Azure-Samples / cognitive-services-speech-sdk

Sample code for the Microsoft Cognitive Services Speech SDK
MIT License
2.82k stars 1.82k forks source link

Python AudioDataStream.read_data should not modify immutable bytes object #2337

Open msehnout opened 5 months ago

msehnout commented 5 months ago

Hello

This sample can lead to subtle bugs: https://github.com/Azure-Samples/cognitive-services-speech-sdk/blob/1b2d61bf540622eea1e194b8af7f38fc914bb931/samples/python/console/speech_synthesis_sample.py#L386

            audio_buffer = bytes(16000)
            total_size = 0
            filled_size = audio_data_stream.read_data(audio_buffer)
            while filled_size > 0:
                print("{} bytes received.".format(filled_size))
                total_size += filled_size
                filled_size = audio_data_stream.read_data(audio_buffer)
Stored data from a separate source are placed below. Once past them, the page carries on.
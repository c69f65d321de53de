-- ===== src/Packet/Ipv6/Bounds.antt =====
-- The IPv6 header and its extension headers: the loop ends, and no read leaves the packet.
use timing_proxy.Base.{
  ℕ, zero, suc, ◌+◌, ◌-◌, ◌*◌, ◌^◌, ◌≤◌, ◌<◌, ◌≡◌, refl, ◌∙◌, not, ltb, if◌then◌else◌, ◌||◌, ◌%◌,
  ◌/◌, Bool, true, false, List, [], ◌∷◌, some, none, length, arith, Outcome, ok, Safe, returns,
  raises, stops, Safe-bind, Safe-mono, Safe-throw_below, Safe-throw_if, Safe-terminate_if,
  Safe-terminate_below, Safe-or_throw, Safe-if, Bool-cases, inl, inr, ◌==◌,
}
use timing_proxy.Packet.Memory.{Memory, Pointer, ntohs}
use timing_proxy.Packet.Memory.Bounds.{
  Anything, load8-Safe, load16-Safe, load32-Safe, load_bytes-Safe,
}
use timing_proxy.Packet.Types.{
  Layer, Artefacts, PacketParser, Decoded, ipv6, strncpy, same_layer, Reaches, Reaches-mono,
  nothing, inside, Inet,
}
use timing_proxy.Packet.Tcp
use timing_proxy.Packet.Udp
use timing_proxy.Packet.Tcp.Bounds as TcpBounds
use timing_proxy.Packet.Udp.Bounds as UdpBounds
use timing_proxy.Packet.Ipv6.{
  next_tcp, next_udp, inet6_addrstrlen, Chain, NextHeaderKind, map_at, header_type_map,
  is_extension, is_extension_header, skip_header, extension_headers, Ipv6Parser, parse_header,
  decode_until, new_ipv6_parser, ipv6_nonxt,
}

-- The rest of the packet, which ends at `stop`.
pub record Within (m : Memory) (stop : ℕ) (c : Chain) : Type 0 where
  pub at : ℕ
  pub here : c.current_header ≡ some at
  pub ends : at + c.payload_size ≡ stop
  pub owned : stop ≤ length m

map_at-Safe : (l : List (ℕ × NextHeaderKind)) (k : ℕ) → Safe Anything (map_at l k)
map_at-Safe [] k = raises
map_at-Safe ((j, v) ∷ l) k = elim (Bool-cases (j == k)) [
  | inl e ↦ rw e (returns tt)
  | inr e ↦ rw e (map_at-Safe l k)
]

is_extension_header-Safe : (next_hdr : ℕ) → Safe Anything (is_extension_header next_hdr)
unfolding is_extension_header
is_extension_header-Safe next_hdr =
    Safe-bind {f = λ kind. ok (is_extension kind)} (map_at-Safe header_type_map next_hdr)
      λ _ _. returns tt

skip_header-Safe :
    (m : Memory) (stop : ℕ) (c : Chain)
    → Within m stop c
    → Safe (λ c'. Within m stop c' × (c'.payload_size < c.payload_size)) (skip_header m c)
unfolding skip_header
skip_header-Safe m stop c w = rw w.here (
    Safe-bind (Safe-terminate_below c.payload_size 64) λ _ big.
      Safe-bind (load8-Safe m w.at 0 (omega (arith, w.ends, w.owned))) λ _ _.
        Safe-bind (load8-Safe m w.at 1 (omega (arith, w.ends, w.owned))) λ len _.
          Safe-bind (Safe-terminate_below c.payload_size (len * 8 + 8)) λ _ fits. returns (
            record {
              at = w.at + (len * 8 + 8);
              here = refl;
              ends = omega (arith, w.ends);
              owned = w.owned;
            },
            omega arith,
          ))

-- With the payload's size for fuel the loop ends, inside the packet.
pub extension_headers-Safe :
    (fuel : ℕ) (m : Memory) (stop : ℕ) (c : Chain)
    → c.payload_size < fuel
    → Within m stop c
    → Safe (Within m stop) (extension_headers fuel m c)
unfolding extension_headers
extension_headers-Safe zero m stop c h w = elim h [ ]
extension_headers-Safe (suc fuel) m stop c h w =
    Safe-bind (is_extension_header-Safe c.next_hdr) λ more _. elim (Bool-cases more) [
      | inl e ↦ rw e (
          Safe-bind (skip_header-Safe m stop c w)
            λ c' (w', less). extension_headers-Safe fuel m stop c' (omega arith) w')
      | inr e ↦ rw e (returns w)
    ]

-- What `parseHeader` leaves: no payload, or one inside the packet.
pub data Inside (m : Memory) (q size : ℕ) (b : PacketParser) : Type 0 where
  empty : b.payload ≡ none → b.payload_size ≡ 0 → Inside m q size b
  there : (p : ℕ) → b.payload ≡ some p → p + b.payload_size ≤ q + size → Inside m q size b

-- The last step of `parseHeader`: what it makes of the chain's end.
chain-Inside :
    {m : Memory} {q size : ℕ} (c : Chain) (b : PacketParser) (done : Bool)
    → b.payload ≡ (if done then none else c.current_header)
    → b.payload_size ≡ (if done then 0 else c.payload_size)
    → (stop : ℕ) → stop ≤ q + size
    → Within m stop c
    → Inside m q size b
chain-Inside c b true e s stop h w = empty e s
chain-Inside c b false e s stop h w = there w.at (e ∙ w.here) (omega (arith, s, w.ends))

-- The `Decoded` that stops at this layer.
abbrev after : Ipv6Parser → Artefacts → Decoded
after t a = record {
  payload = t.base.payload;
  payload_size = t.base.payload_size;
  artefacts = record a {
    ip_type = ipv6;
    src_ip = strncpy inet6_addrstrlen t.addr_src;
    dst_ip = strncpy inet6_addrstrlen t.addr_dst;
  };
}

payload-Reaches :
    {layer : Layer} {m : Memory} {q size : ℕ} {b : PacketParser} (d : Decoded)
    → d.payload ≡ b.payload
    → d.payload_size ≡ b.payload_size
    → Inside m q size b
    → Reaches layer (q + size) d
payload-Reaches d e s (empty n z) = nothing (e ∙ n) (s ∙ z)
payload-Reaches d e s (there p h le) = inside p (e ∙ h) (omega (arith, s))

-- Any decoder that is safe inside the packet, and on the null pointer, is safe on the payload.
transport-Safe :
    {layer : Layer} {m : Memory} {q size : ℕ} {b : PacketParser}
    (decode : Pointer → ℕ → Outcome Decoded)
    → ((p n : ℕ) → p + n ≤ q + size → Safe (Reaches layer (q + size)) (decode (some p) n))
    → Safe (Reaches layer (q + size)) (decode none 0)
    → Inside m q size b
    → Safe (Reaches layer (q + size)) (decode b.payload b.payload_size)
transport-Safe decode at null (empty n z) = rw (n, z) null
transport-Safe decode at null (there p h le) = rw h (at p _ le)

module _ (inet : Inet) (m : Memory) (q size : ℕ) (owned : q + size ≤ length m) where
  parse_header-Safe :
      (this : Ipv6Parser)
      → Safe (λ t. Inside m q size t.base) (parse_header inet m this (some q) size)
  unfolding parse_header
  parse_header-Safe this = Safe-bind (Safe-throw_below size 40 _) λ _ big.
      Safe-bind (load32-Safe m q 0 (omega arith)) λ flow _.
        Safe-bind (Safe-terminate_if (not (flow % 256 / 16 == 6))) λ _ _.
          Safe-bind (load16-Safe m q 4 (omega arith)) λ len _.
            Safe-bind (Safe-throw_if (ltb size 40 || ltb (size - 40) (ntohs len)) _) λ _ fits.
              Safe-bind (load8-Safe m q 7 (omega arith)) λ hop _.
                Safe-bind (load_bytes-Safe m q 8 16 (omega arith)) λ src _.
                  Safe-bind (Safe-or_throw (inet.ntop6 src) _) λ _ _.
                    Safe-bind (load_bytes-Safe m q 24 16 (omega arith)) λ dst _.
                      Safe-bind (Safe-or_throw (inet.ntop6 dst) _) λ _ _.
                        Safe-bind (load8-Safe m q 6 (omega arith)) λ next _.
                          let room : 40 + ntohs len ≤ size = ground arith in
                          Safe-bind
                            (extension_headers-Safe (suc (ntohs len)) m (q + (40 + ntohs len)) _
                              (omega arith)
                              (record {
                                at = q + 40;
                                here = refl;
                                ends = omega arith;
                                owned = omega arith;
                              }))
                            λ c w. returns (
                              chain-Inside c _ (c.next_hdr == ipv6_nonxt) refl refl
                                (q + (40 + ntohs len)) (omega arith) w)

  -- Decoding an IPv6 packet ends and reads nothing outside it.
  pub decode_until-Safe :
      (layer : Layer) (a : Artefacts)
      → length m < 2 ^ 64
      → Safe (Reaches layer (q + size)) (decode_until inet layer m (some q) size a)
  unfolding decode_until
  decode_until-Safe layer a small = Safe-bind (parse_header-Safe new_ipv6_parser) λ t h.
      Safe-if (same_layer layer ipv6)
        (λ _. returns {a = after t a} (payload-Reaches (after t a) refl refl h))
        λ _.
          Safe-if (t.next_hdr == next_tcp)
            (λ _.
              transport-Safe (λ p n. Tcp.decode_until layer m p n (after t a).artefacts)
                (λ p n le.
                  Safe-mono (TcpBounds.decode_until-Safe m p n (omega arith) layer _ (omega arith))
                    (λ d. Reaches-mono d le))
                (TcpBounds.decode_until-null m layer _ _) h)
            λ _.
              Safe-if (t.next_hdr == next_udp)
                (λ _.
                  transport-Safe (λ p n. Udp.decode_until layer m p n (after t a).artefacts)
                    (λ p n le.
                      Safe-mono
                        (UdpBounds.decode_until-Safe m p n (omega arith) (omega arith) layer _)
                        (λ d. Reaches-mono d le))
                    (UdpBounds.decode_until-null m layer _ _) h)
                λ _. stops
The problem is that bytes type is immutable in Python, but Speech SDK uses native C library and it modifies the immutable type: https://docs.python.org/3/library/stdtypes.html#bytes-objects

I stumbled upon the bug when I tried to accumulate the buffer in a separate function like this:

buffer = b""
for chunk in stream_from_azure:
   buffer += chunk

where the iterator was implemented like this:

            audio_buffer = bytes(16000)
            while filled_size > 0:
                filled_size = audio_data_stream.read_data(audio_buffer)
                yield audio_buffer[:filled_size]

And the result was corrupted.

The SDK should probably take bytearray instead: https://docs.python.org/3/library/stdtypes.html#bytearray-objects Because it is a mutable counterpart to bytes objects.

I could not find a better place to report this issue. Please let me know if I can submit it somewhere else.

yulin-li commented 5 months ago

Thanks for this issue. I agree with you that we should not modify this immutable object. We will discuss internally to update this as we don't want to introducing breaking changes at this time

yulin-li commented 5 months ago

And this is the right place to report this issue, this is the official Speech SDK repo

github-actions[bot] commented 4 months ago

This item has been open without activity for 19 days. Provide a comment on status and remove "update needed" label.